---------- Exercise input ----------
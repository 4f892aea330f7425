-- ===== src/Chain/Laws.antt =====
-- How writes of links act on chains.
use rtgc.Common.{
  ℕ, ◌≡◌, ◌≢◌, sym, ◌∙◌, List, [], ◌∷◌, ◌++◌, ◌<◌, ◌==◌, All, ◌∉◌, head_or, last_or, false,
  ==-false,
}
use rtgc.InfoBits.{Mem, Ptr, set_prev, set_next, set_color}
use rtgc.InfoBits.Words.{Aligned}
use rtgc.InfoBits.Fields.{
  next_link-set_prev, prev_link-set_next, get_color-set_prev, get_color-set_next,
  prev_link-set_color, next_link-set_color, prev_link-set_prev_self, next_link-set_next_self,
  prev_link-set_prev_ne, next_link-set_next_ne, get_color-set_color_ne,
}
use rtgc.Chain.{link_next, link_prev, IsNode, AreNodes, IsChain, nil, cons, AllColor}

pub All-last_or {ℓ} : (P : ℕ → Type ℓ) (x : ℕ) (xs : List ℕ) → P x → All P xs → P (last_or x xs)
All-last_or P x [] p h = p
All-last_or P x (y ∷ ys) p h = All-last_or P y ys h.0 h.1

module _ {m : Mem} where
  pub append-IsChain :
      {b a : Ptr} (xs ys : List Ptr)
      → IsChain m b xs (head_or ys a)
      → IsChain m (last_or b xs) ys a
      → IsChain m b (xs ++ ys) a
  append-IsChain [] ys h k = k
  append-IsChain (x ∷ []) ys (cons p n h) k = cons p n k
  append-IsChain (x ∷ y ∷ xs) ys (cons p n h) k = cons p n (append-IsChain (y ∷ xs) ys h k)

  pub IsChain-left :
      {b a : Ptr} (xs ys : List Ptr) → IsChain m b (xs ++ ys) a → IsChain m b xs (head_or ys a)
  IsChain-left [] ys h = nil
  IsChain-left (x ∷ []) ys (cons p n h) = cons p n nil
  IsChain-left (x ∷ y ∷ xs) ys (cons p n h) = cons p n (IsChain-left (y ∷ xs) ys h)

  pub IsChain-right :
      {b a : Ptr} (xs ys : List Ptr) → IsChain m b (xs ++ ys) a → IsChain m (last_or b xs) ys a
  IsChain-right [] ys h = h
  IsChain-right (x ∷ xs) ys (cons p n h) = IsChain-right xs ys h

module _ (m : Mem) (p v : Ptr) (hp : Aligned p) (hv : Aligned v) where
  pub IsChain-set_next_other :
      {b a : Ptr} (xs : List Ptr)
      → All IsNode xs
      → p ∉ xs
      → IsChain m b xs a
      → IsChain (set_next m p v) b xs a
  IsChain-set_next_other [] n o nil = nil
  IsChain-set_next_other (x ∷ xs) n o (cons e f h) =
      cons (prev_link-set_next m p v x hp n.0.0 ∙ e) (next_link-set_next_ne m p v hv x o.0 ∙ f)
        (IsChain-set_next_other xs n.1 o.1 h)

  pub IsChain-set_prev_other :
      {b a : Ptr} (xs : List Ptr)
      → All IsNode xs
      → p ∉ xs
      → IsChain m b xs a
      → IsChain (set_prev m p v) b xs a
  IsChain-set_prev_other [] n o nil = nil
  IsChain-set_prev_other (x ∷ xs) n o (cons e f h) =
      cons (prev_link-set_prev_ne m p v hv x o.0 ∙ e) (next_link-set_prev m p v x hp n.0.0 ∙ f)
        (IsChain-set_prev_other xs n.1 o.1 h)

  pub AllColor-set_next :
      (c : ℕ) (xs : List Ptr) → All IsNode xs → AllColor m c xs → AllColor (set_next m p v) c xs
  AllColor-set_next c [] n h = tt
  AllColor-set_next c (x ∷ xs) n h =
      (get_color-set_next m p v x hp n.0.0 ∙ h.0, AllColor-set_next c xs n.1 h.1)

  pub AllColor-set_prev : (c : ℕ) (xs : List Ptr) → AllColor m c xs → AllColor (set_prev m p v) c xs
  AllColor-set_prev c [] h = tt
  AllColor-set_prev c (x ∷ xs) h = (get_color-set_prev m p v x hv ∙ h.0, AllColor-set_prev c xs h.1)

module _ (m : Mem) (p c : ℕ) (hp : Aligned p) (hc : c < 4) where
  pub IsChain-set_color :
      {b a : Ptr} (xs : List Ptr)
      → All IsNode xs
      → IsChain m b xs a
      → IsChain (set_color m p c) b xs a
  IsChain-set_color [] n nil = nil
  IsChain-set_color (x ∷ xs) n (cons e f h) =
      cons (prev_link-set_color m p c x hc ∙ e) (next_link-set_color m p c x hp n.0.0 ∙ f)
        (IsChain-set_color xs n.1 h)

  pub AllColor-set_color :
      (d : ℕ) (xs : List Ptr) → p ∉ xs → AllColor m d xs → AllColor (set_color m p c) d xs
  AllColor-set_color d [] o h = tt
  AllColor-set_color d (x ∷ xs) o h =
      (get_color-set_color_ne m p c hc x o.0 ∙ h.0, AllColor-set_color d xs o.1 h.1)

-- The last link of a chain can be set anew.
set_next_last :
    (m : Mem) (v : Ptr) {b a : Ptr} (x : Ptr) (xs : List Ptr)
    → Aligned v
    → AreNodes (x ∷ xs)
    → IsChain m b (x ∷ xs) a
    → IsChain (set_next m (last_or x xs) v) b (x ∷ xs) v
set_next_last m v x [] hv n (cons e f h) =
    cons (prev_link-set_next m x v x n.0.0.0 n.0.0.0 ∙ e) (next_link-set_next_self m x v hv) nil
set_next_last m v x (y ∷ xs) hv n (cons e f h) =
    let ne : last_or y xs ≢ x = All-last_or (λ z. z ≢ x) y xs n.1.0.0 n.1.0.1 in
    let al : Aligned (last_or y xs) = (All-last_or IsNode y xs n.0.1.0 n.0.1.1).0 in
    cons (prev_link-set_next m (last_or y xs) v x al n.0.0.0 ∙ e)
      (next_link-set_next_ne m (last_or y xs) v hv x (λ q. ne (sym q)) ∙ f)
      (set_next_last m v y xs hv (n.0.1, n.1.1) h)

-- With nothing before the chain, the guard passes over an empty one.
pub IsChain-link_next :
    (m : Mem) (v : Ptr) {a : Ptr} (xs : List Ptr)
    → Aligned v
    → AreNodes xs
    → IsChain m 0 xs a
    → IsChain (link_next m (last_or 0 xs) v) 0 xs v
unfolding link_next
IsChain-link_next m v [] hv n h = nil
IsChain-link_next m v (x ∷ xs) hv n h =
    let ne : (last_or x xs == 0) ≡ false = ==-false _ _ (All-last_or IsNode x xs n.0.0 n.0.1).1 in
    rw ne (set_next_last m v x xs hv n h)

pub IsChain-link_prev :
    (m : Mem) (v : Ptr) {b a : Ptr} (xs : List Ptr)
    → Aligned v
    → AreNodes xs
    → IsChain m b xs a
    → IsChain (link_prev m (head_or xs 0) v) v xs a
unfolding link_prev
IsChain-link_prev m v [] hv n nil = nil
IsChain-link_prev m v (x ∷ xs) hv n (cons e f h) =
    let ne : (x == 0) ≡ false = ==-false x 0 n.0.0.1 in
    rw ne (
      cons (prev_link-set_prev_self m x v hv) (next_link-set_prev m x v x n.0.0.0 n.0.0.0 ∙ f)
        (IsChain-set_prev_other m x v n.0.0.0 hv xs n.0.1 n.1.0 h))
----------
◆ Exercise prompt ◆
Take every line from the data that includes the word "AreNodes".

◆ Output for this exercise ◆
use rtgc.Chain.{link_next, link_prev, IsNode, AreNodes, IsChain, nil, cons, AllColor}
    → AreNodes (x ∷ xs)
    → AreNodes xs
    → AreNodes xs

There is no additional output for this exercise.